This doesn't mean, I mean, and Varela was also an experimental neuroscientist, uh, and so was Maturana. Uh, but the, the theory itself was rather abstract and putting them together back [00:11:00] into work. And in doing this, he also kind of sets on his own course and towards the end of the book, you start reading something about naturalized epistemologies and things like that, that are very reminiscent with hindsight, that are very reminiscent of what we talk about in, in an active approach over the last couple of decades.

Mirko Prokop: Mm-hmm. 

Ezequiel Di Paolo: So, so that's a little bit about the book. And of course for me it was very inspiring. It was like, um, not the mathematical part because I, I was not really able to, to apply it directly. I mean, uh, I could follow it, but it was not like, okay, it was too abstract. But the, third part of the book was quite novel to, to me, because he was seeing autonomy as, as, as a, as, um, generalization of idea of autopoiesis, which means like the self production of, of a living cell, the self production, self distinction of a living cell.

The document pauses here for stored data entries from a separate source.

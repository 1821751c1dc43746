-- ===== src/Common.antt =====
-- bcos-scheduler/Common.h: the error codes and the gas of a transaction.
use bcos_dispatcher.Base.{ℕ}

pub data SchedulerError : Type 0 where
  unknown_error invalid_status invalid_block_number invalid_blocks next_block_error : SchedulerError
  prewrite_block_error commit_error rollback_error unexpected_key_lock_error : SchedulerError
  batch_error dmt_error dag_error : SchedulerError

abbrev pub transaction_gas : ℕ
transaction_gas = 30000000000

He said like, well, [00:12:00] but there many systems that are similar in what they do in, in, in ident, in self individuating at different, in different domains. And yet he was very cautious of applying the idea for autopoiesis directly. 

Mirko Prokop: To 

Ezequiel Di Paolo: those systems. Like many people were very tempted to do like, you know, the recurrent patterns in family relations, for instance.

There, there will be people, uh, psychotherapist who say, whoa, the family's an autopoietic system. Like he said, no, this is not precise. We need another concept. And that was his proposal in this book. The, concept of autonomy, which then is very influential later on down the line for enactivists. , So yeah, I think it was time for this book to become more available again.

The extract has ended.